[[ Source data, beginning ]]

-- ===== src/Program/Examples.antt =====
-- A script that fetches an event at each step, and a message that arrives between two steps.
use profi_lua.Base.{
  ℕ, ◌≡◌, refl, subst, false, none, some, Option, [], ◌∷◌, ok, raised, fault, out_of_fuel, arith,
  pos, Returns-result, Run, After,
}
use profi_lua.Lua.{Value, Number, int, integer}
use profi_lua.Midi.State.{Midi}
use profi_lua.Midi.Wire.{midi_receive}
use profi_lua.Midi.Session.{Op, perform, session, Allocates}
use profi_lua.Midi.Examples.{lua, driver, two, s4, r4, σ4, s4-unused, Log}
use profi_lua.Sim.State.{Script, Sim}
use profi_lua.Sim.Worlds.{Turn}
use profi_lua.Sim.Step.{Answers, stepped, c_calculate_ex-stepped}
use profi_lua.Midi.Session.Calls.{Promised}
use profi_lua.Midi.Session.Safe.{session-Promised}
use profi_lua.Midi.Spec.Receive.{received, midi_receive-Refines}
use profi_lua.Sim.Host.{Arrays, Call, serve}
use profi_lua.Program.{World, Plays, PlaysOnly, Step, Reaches, with_midi}
use profi_lua.Program.Reach.{Sound, IsSafe, Reaches-IsSafe}

abbrev World2 : Type 0
World2 = World Log ℕ

abbrev fetched : World2 → Run (Midi Log) (Unit {0}) → Option (Value × World2)
fetched u (ok a m) = some (Value.table 5, record u { midi = m })
fetched u (raised m) = none
fetched u fault = none
fetched u out_of_fuel = none

-- Each function of the script fetches an event of the device 2.
abbrev script : Script World2
script = record {
  open_lua = λ u. some u;
  close_lua = λ u. u;
  run_file = λ file u. ([], u);
  global = λ name u. Value.function 1;
  set_user = λ user u. u;
  call = λ f arg u. fetched u (session lua driver 9 (Op.get_event two ∷ []) u.midi);
  entry = λ t i u. int (pos i);
}

record Arrived : Type 0 where
  midi : Midi Log
  arrives : midi_receive 9 7 2 0x7f4090 s4 ≡ ok tt midi
  promised : Promised 5 midi

fetched-runs :
    (u v : World2) (r : Value) (run : Run (Midi Log) (Unit {0}))
    → fetched u run ≡ some (r, v)
    → run ≡ ok tt v.midi
fetched-runs u v r (ok a m) e = ground arith
fetched-runs u v r (raised m) e = cc
fetched-runs u v r fault e = cc
fetched-runs u v r out_of_fuel e = cc

After-unit : (run : Run (Midi Log) (Unit {0})) → After (λ _. Unit {0}) run
After-unit (ok a m) = tt
After-unit (raised m) = tt
After-unit fault = tt
After-unit out_of_fuel = tt

idles : (m : Midi Log) → Plays lua driver m m
unfolding session Allocates
idles m = record { fuel = 0; ops = []; unused = tt; runs = refl }

only : PlaysOnly lua driver script
unfolding Allocates
only u v (Turn.opens e) =
    let same : u.midi ≡ v.midi = ground arith in subst (Plays lua driver u.midi) same (idles u.midi)
only u v (Turn.closes _) = idles u.midi
only u v (Turn.runs_file file _) = idles u.midi
only u v (Turn.sets_user user _) = idles u.midi
only u v (Turn.calls f arg r e) = record {
  fuel = 9;
  ops = Op.get_event two ∷ [];
  unused = (tt, After-unit (perform lua driver 9 (Op.get_event two) u.midi));
  runs = fetched-runs u v r (session lua driver 9 (Op.get_event two ∷ []) u.midi) e;
}

abbrev sim : Sim World2
sim = record {
  lua = some (record { stack = []; world = record { midi = s4; rest = 0 } });
  idle = record { midi = s4; rest = 0 };
  num_inputs = 2;
  num_outputs = 2;
  error = false;
  file_num = 1;
  console = false;
  console_top = 0;
  in_marker = λ _. false;
  out_marker = λ _. false;
  override = false;
  output = λ _. integer (pos 0);
  user = λ _. integer (pos 1);
  strings = λ _. [];
  windows = [];
}

sound : Sound lua driver script only sim
sound = ((4, (σ4, r4)), record { flag = refl; closes = tt })

abbrev low : ℕ → Number
low i = integer (pos 0)

abbrev lows : Arrays
lows = record { input = low; texts = λ _. [] }

-- A note on arrives at the device, and then the simulator makes a step.
arrival : Arrived
arrival =
    let (_, t, e, p) =
      Returns-result (midi_receive-Refines 9 7 2 0x7f4090 r4 (omega arith) s4-unused) in
    record { midi = t; arrives = e; promised = (received 7 2 0x7f4090 σ4, p.0) }

abbrev before : Sim World2
before = with_midi lua driver script arrival.midi sim

record Fetched : Type 0 where
  midi : Midi Log
  runs : session lua driver 9 (Op.get_event two ∷ []) arrival.midi ≡ ok tt midi

fetch : Fetched
unfolding Allocates
fetch =
    let (_, t, e, p) = Returns-result (
      session-Promised lua driver 9 (Op.get_event two ∷ []) 5 arrival.midi arrival.promised
        (omega arith) (tt, After-unit (perform lua driver 9 (Op.get_event two) arrival.midi))) in
    record { midi = t; runs = e }

abbrev world : World2
world = record { midi = fetch.midi; rest = 0 }

answers : Answers lua script before low (record { midi = arrival.midi; rest = 0 }) 5 world
answers = record {
  function = 1;
  defined = refl;
  answer = rw fetch.runs;
  fits = λ m from to. (integer (pos m), refl);
}

abbrev after : Sim World2
after = stepped lua script before [] 5 world

steps : serve lua script (Call.calculate lows) before ≡ ok tt after
unfolding serve
steps =
    c_calculate_ex-stepped lua script before low [] (record { midi = arrival.midi; rest = 0 }) world
      5 refl refl refl refl refl (omega arith) (omega arith) (omega arith) answers

reached : Reaches lua driver script sim after
reached =
    Reaches.next
      (Reaches.next Reaches.here
        (Step.arrives sim {m = arrival.midi} 9 7 2 0x7f4090 s4-unused arrival.arrives))
      (Step.serves (Call.calculate lows) steps)

Reaches-IsSafe_example : IsSafe lua driver script only after
Reaches-IsSafe_example = Reaches-IsSafe lua driver script only sound reached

[[ Source data, end ]]

Problem to work on -> Look through the material above and print exactly the lines from the one containing "abbrev low : ℕ → Number" to the one containing "Returns-result (midi_receive-Refines 9", both included, and nothing more.

The answer ->
abbrev low : ℕ → Number
low i = integer (pos 0)

abbrev lows : Arrays
lows = record { input = low; texts = λ _. [] }

-- A note on arrives at the device, and then the simulator makes a step.
arrival : Arrived
arrival =
    let (_, t, e, p) =
      Returns-result (midi_receive-Refines 9 7 2 0x7f4090 r4 (omega arith) s4-unused) in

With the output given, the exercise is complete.